2.2.5 Implication of Using the Rasch Model and its Paradigm in Evaluating Tests

Using the Rasch model and its paradigm in evaluating a test means evaluating a test based on the properties of the model. The Rasch model is a unidimensional model which requires statistical independence in the responses (Andrich, 1988). Therefore, violations of these two conditions (unidimensionality and statistical independence) by the data guide the analysis and recommendations in this study. Not only are these two properties central to the model, they are also central to what is required of the test data.

Specifically, unidimensionality is a reflection of being able to use the total score on items to characterize a person, while statistical independence implies that the different items provide relevant but distinct information in building up the total score. This gives focus to the source of any anomalies disclosed by evidence of misfit of data to the

model. Accordingly, in this study, the fit to the Rasch model in general and more specifically, violations of dimensionality and statistical dependence are examined.

In addition, targeting and reliability are also reported. Targeting will provide information on how well matched the distribution of item and person locations are. To obtain accurate measurement, the items administered to a person should be well targeted. As Wright (1997) established, administering well targeted items is one way of minimize guessing and a factor in contributing to the accurate estimation of item and person locations.

Reliability shows internal consistency among the items in measuring the variable of interest. Specifically, the Person Separation Index (PSI) provides information on how well the items separate persons on the variable to be measured and how powerful the items are in disclosing misfit. A detailed explanation of the PSI is presented in Chapter 3.

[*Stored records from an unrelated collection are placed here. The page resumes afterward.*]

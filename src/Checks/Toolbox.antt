-- ===== src/Checks/Toolbox.antt =====
-- Accounts, credentials and tools at concrete inputs.
use crew_im.Prelude.{◌≡◌, refl, true, false, none, some, [], ◌∷◌, All, decimal, ok}
use crew_im.Model.{Params, text}
use crew_im.World.Table.{find_by}
use crew_im.Crypto.{Ciphers, encrypt}
use crew_im.Crypto.Laws.{IsCipher}
use crew_im.Claude.Client.{new_claude_client}
use crew_im.Accounts.{AccountHandler, AccountRequest, created, create, insert_account}
use crew_im.Accounts.Credentials.{with_port, load_email_credentials-create}
use crew_im.Tools.Email.{SmtpCredentials, Mailer, email_account, load_email_credentials}
use crew_im.Tools.Box.{Toolbox, tools, Stays, tools-Stays}
use crew_im.Checks.Data.{services, world}

-- A cipher that hides nothing.
abbrev ciphers : Ciphers
ciphers = record {
  sha256 = λ s. [];
  takes_key = λ k. true;
  nonce_size = 1;
  seal = λ k n s. s;
  open_sealed = λ k n s. some s;
  encode = λ bytes. bytes;
  decode = λ bytes. some bytes;
}

ciphers-IsCipher : IsCipher ciphers
ciphers-IsCipher = record { opens = λ k n s. refl; decodes = λ bytes. refl }

abbrev pub handler : AccountHandler
handler = record { encrypt_key = "k"; ciphers = ciphers; marshal = λ ps. []; reads_times = true }

abbrev credentials : SmtpCredentials
credentials = record {
  host = "smtp.example.com";
  port = "";
  email = "a@example.com";
  password = "p";
}

abbrev mailer : Mailer
mailer = record {
  encrypt_key = "k";
  ciphers = ciphers;
  parse = λ bytes. some credentials;
  send_mail = λ mail. none;
}

abbrev params : Params
params = ("email", text "a@example.com") ∷ []

abbrev request : AccountRequest
request = record { platform = "email"; display_name = "work"; credentials = some params }

account_created : (create services handler (some (7 ∷ [])) 1 (some request) world).0 ≡ created 100
unfolding create insert_account encrypt find_by
account_created = refl

no_account : email_account 1 world.user_accounts ≡ none
unfolding email_account
no_account = refl

load_email_credentials-create_example :
    (load_email_credentials services mailer 1
      (create services handler (some (7 ∷ [])) 1 (some request) world).1).0
    ≡ ok (with_port credentials)
load_email_credentials-create_example =
    load_email_credentials-create services handler mailer (7 ∷ []) 1 "work" params credentials 100
      world ciphers-IsCipher (record { key = refl; ciphers = refl }) refl refl
      (record { host = refl; email = refl; password = refl }) no_account (λ n. refl) account_created

abbrev pub box : Toolbox
box = record {
  claude = new_claude_client "" "key" "";
  memory = record { to_lower = λ s. s; db_error = "e"; id_text = decimal; reads_times = false };
  item = record { db_error = "e"; id_text = decimal };
  reminder = record {
    parse_time = λ s. some 5;
    format_time = decimal;
    db_error = "e";
    id_text = decimal;
  };
  mailer = mailer;
}

tools-Stays_example : All Stays (tools services box)
tools-Stays_example = tools-Stays services box
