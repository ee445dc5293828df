-- ===== src/Checks/Server.antt =====
-- Runs of the whole server at concrete inputs.
use crew_im.Prelude.{ℕ, ◌≡◌, refl, List, [], ◌∷◌, false, arith, some}
use crew_im.Model.{waiting_confirm}
use crew_im.World.Table.{update_by, find_by}
use crew_im.Runner.{AgentRunner}
use crew_im.Tools.Box.{tools, tools-IsQuiet}
use crew_im.Tasks.Actions.{row, confirm, act}
use crew_im.Tasks.Batch.{one, serve}
use crew_im.World.Foreign.{Foreign}
use crew_im.Server.{move, Program, Move, asks, commands, follows_up, works, goes, ticks, run_moves}
use crew_im.Server.Waiting.{Pending, is_executing}
use crew_im.Server.Owners.{Deed, moves, deletes_account, deed, run_deeds, SparedTask, run_deeds-row}
use crew_im.Checks.Login.{handler as login_handler}
use crew_im.Tasks.{confirm_task, select_status}
use crew_im.Server.Drain.{load, shift, shift-settles}
use crew_im.Server.Pending.{run_moves-Pending}
use crew_im.Checks.Data.{services, world, task}
use crew_im.Checks.Tasks.{handler as task_handler}
use crew_im.Checks.Commands.{body, unreachable, handler as command_handler}
use crew_im.Checks.Reading.{reader}
use crew_im.Checks.Schedules.{calendar}
use crew_im.Checks.Toolbox.{box}
use crew_im.Claude.Client.{new_claude_client}

-- An agent with all tools.
abbrev agent : AgentRunner
agent = record {
  claude = new_claude_client "" "key" "";
  registry = tools services box;
  is_open_router = false;
}

abbrev server : Program
server = record {
  services = services;
  tasks = task_handler;
  commands = command_handler;
  understanding = reader;
  runner = agent;
  calendar = calendar;
}

-- A confirmation, a command and a follow-up, which the workers take up while the scheduler ticks.
abbrev day : List Move
day =
    asks 1 (one confirm 10)
    ∷ commands 1 body
    ∷ works 1
    ∷ ticks
    ∷ follows_up 1 10 "and dinner"
    ∷ works 0
    ∷ goes 0 unreachable
    ∷ works 0
    ∷ []

nothing-Pending : (j : ℕ) → Pending j world
unfolding find_by
nothing-Pending j = ground arith

run_moves-Pending_example : Pending 10 (run_moves server day world)
run_moves-Pending_example =
    run_moves-Pending server (λ n. refl) (tools-IsQuiet services box) day world refl refl
      nothing-Pending 10

shift-settles_example :
    let v = run_moves server day world in
    let rest = run_moves server (shift (load v.enqueued)) v in
    (rest.enqueued ≡ []) × ((j : ℕ) → is_executing (row j rest) ≡ false)
shift-settles_example =
    shift-settles server day world (λ n. refl) (tools-IsQuiet services box) refl refl
      nothing-Pending

-- User 1 has a task confirmed and executed and deletes the account, while the task of user 2 waits.
abbrev errand : List Deed
errand = moves (asks 1 (one confirm 10)) ∷ moves (works 0) ∷ moves ticks ∷ deletes_account 1 ∷ []

errand-SparedTask : SparedTask server login_handler 2 20 errand world
unfolding deed move serve act confirm_task select_status find_by update_by
errand-SparedTask = (λ e. cc, (refl, (tt, (λ e. cc, tt))))

task_there : row 20 world ≡ some (task 20 2 waiting_confirm)
unfolding find_by
task_there = refl

run_deeds-row_example :
    row 20 (run_deeds server login_handler errand world) ≡ some (task 20 2 waiting_confirm)
run_deeds-row_example =
    run_deeds-row server login_handler (λ n. refl) (tools-IsQuiet services box) 20
      (task 20 2 waiting_confirm) errand world task_there errand-SparedTask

As described earlier, the Rasch model arises from the requirement of invariant comparisons within a specified frame of reference. Thus, any subset of responses should result in the same item parameters. As an implication, invariant estimates among some classes of persons need to be examined. Because there are some classes of persons which are readily identified, such as gender and educational background, differential item functioning (DIF) with respect to these classes is examined.

Another implication of invariant comparison for the present study is examining the stability of item parameters in the ISAT item bank. As noted earlier, ISAT items were obtained from an item bank. The responses used to estimate item parameters from the item bank and from this study come from different persons. As such, whether the item parameters from the item bank and from the analyses in this study are invariant needs to be checked.